*** Opening Records supplied ***

-- ===== src/Broker/Apply/Restored.antt =====
-- A restore takes a commit back: the loop of `restore` over whatever the loop of `commit` has done.
use agent_workspace_guard.Base.{
  ◌≡◌, refl, sym, ap, ◌∙◌, subst, Bool, none, some, List, [], ◌∷◌, ◌++◌, All, ok, list_eq, nat_eq,
}
use agent_workspace_guard.Paths.{FilePath, safe_join}
use agent_workspace_guard.Models.CommitOperation.{CommitOperation}
use agent_workspace_guard.FileSystem.{Files}
use agent_workspace_guard.FileSystem.Near.{Near, Near-refl}
use agent_workspace_guard.Broker.Apply.{Progress, start, apply_operations, push_operation}
use agent_workspace_guard.Broker.Restore.{restore_operation, restored_next, restore_operations}
use agent_workspace_guard.Broker.Apply.Outcomes.{Outcome}
use agent_workspace_guard.Broker.Apply.Back.{restored}
use agent_workspace_guard.Broker.Apply.Undo.{Undone, undo, Outcome-SameTask}
use agent_workspace_guard.Broker.Apply.Places.{Places}
use agent_workspace_guard.Broker.Apply.Backwards.{
  Beside, Planned, Arranged, NewAreAbsent, AllAside, below_d, below_b, backwards-apply,
}

-- The restore went through, and each path beside the places of the commit is what it was.
pub record Restored (files : Files) (places : List Places) (r : Progress) : Type 0 where
  pub no_failure : r.failure ≡ none
  pub no_faults : r.faults ≡ []
  pub back : (path : FilePath) → AllAside places path → Near (files path) (r.files path)

restore_operations_lem :
    (workspace aside : FilePath) (op : CommitOperation) (operations : List CommitOperation)
    (end result : Files)
    → (let later = restore_operations workspace aside operations end [] in later.failure ≡ none)
    → (let later = restore_operations workspace aside operations end [] in later.faults ≡ [])
    → (let later = restore_operations workspace aside operations end [] in
        restore_operation workspace aside op (start op later.files [])
        ≡ (ok tt, start (restored op) result []))
    → restore_operations workspace aside (op ∷ operations) end [] ≡ (
        let later = restore_operations workspace aside operations end [] in
        record later { operations = restored op ∷ later.operations; files = result; faults = [] })
unfolding restore_operations
restore_operations_lem workspace aside op operations end result e f h =
    let later = restore_operations workspace aside operations end [] in
    ap
      (λ j. elim j [
        | none ↦
            restored_next later
              (restore_operation workspace aside op (start op later.files later.faults))
        | some x ↦ push_operation op later
      ])
      e
    ∙ ap
        (λ faults.
          restored_next later (restore_operation workspace aside op (start op later.files faults)))
        f
    ∙ ap (restored_next later) h

module _ (workspace apply_root aside : FilePath) where
  step :
      (files now end : Files) (operation op : CommitOperation) (p : Places) (places : List Places)
      (operations : List CommitOperation)
      → Planned workspace apply_root aside operation p
      → All (Beside p) places
      → (operation.before_kind ≡ none → (rest : FilePath) → files (p.d ++ rest) ≡ none)
      → Outcome files operation p.d p.b p.s operation.before_kind now op
      → Restored now places (restore_operations workspace aside operations end [])
      → Restored files (p ∷ places) (restore_operations workspace aside (op ∷ operations) end [])
  step files now end operation op p places operations plan beside absent o t =
      let later = restore_operations workspace aside operations end [] in
      let same = Outcome-SameTask files operation p.d p.b p.s operation.before_kind now op o in
      let target : safe_join workspace op.path ≡ ok p.d =
        ap (safe_join workspace) same.path ∙ plan.target in
      let u : Undone files operation p plan.apart workspace aside now later.files op target =
        undo files operation p plan.apart workspace aside now later.files op target
          (λ rest. t.back (p.b ++ rest) (below_b p rest places beside))
          (λ rest. t.back (p.d ++ rest) (below_d p rest places beside)) same plan.backup
          plan.displaced absent o in
      subst (Restored files (p ∷ places))
        (sym (
          restore_operations_lem workspace aside op operations end u.result t.no_failure t.no_faults
            u.restores))
        (record {
          no_failure = t.no_failure;
          no_faults = refl;
          back = λ path h. u.back path h.0 (t.back path h.1);
        })

  pub restore-apply :
      (operations : List CommitOperation) (places : List Places) (files : Files)
      (faults : List Bool)
      → Arranged workspace apply_root aside operations places
      → NewAreAbsent files operations places
      → Restored files places (
          let a = apply_operations workspace apply_root operations files faults in
          restore_operations workspace aside a.operations a.files [])
  unfolding restore_operations
  restore-apply =
      backwards-apply workspace apply_root aside Progress
        (λ operations files. restore_operations workspace aside operations files []) Restored
        (λ files. record {
          no_failure = refl;
          no_faults = refl;
          back = λ path a. Near-refl (files path);
        })
        step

*** Closing Records supplied ***

_Required action_.
Search the records for the word "Undone" and copy out every line that holds it.

_Answer space_.
use agent_workspace_guard.Broker.Apply.Undo.{Undone, undo, Outcome-SameTask}
      let u : Undone files operation p plan.apart workspace aside now later.files op target =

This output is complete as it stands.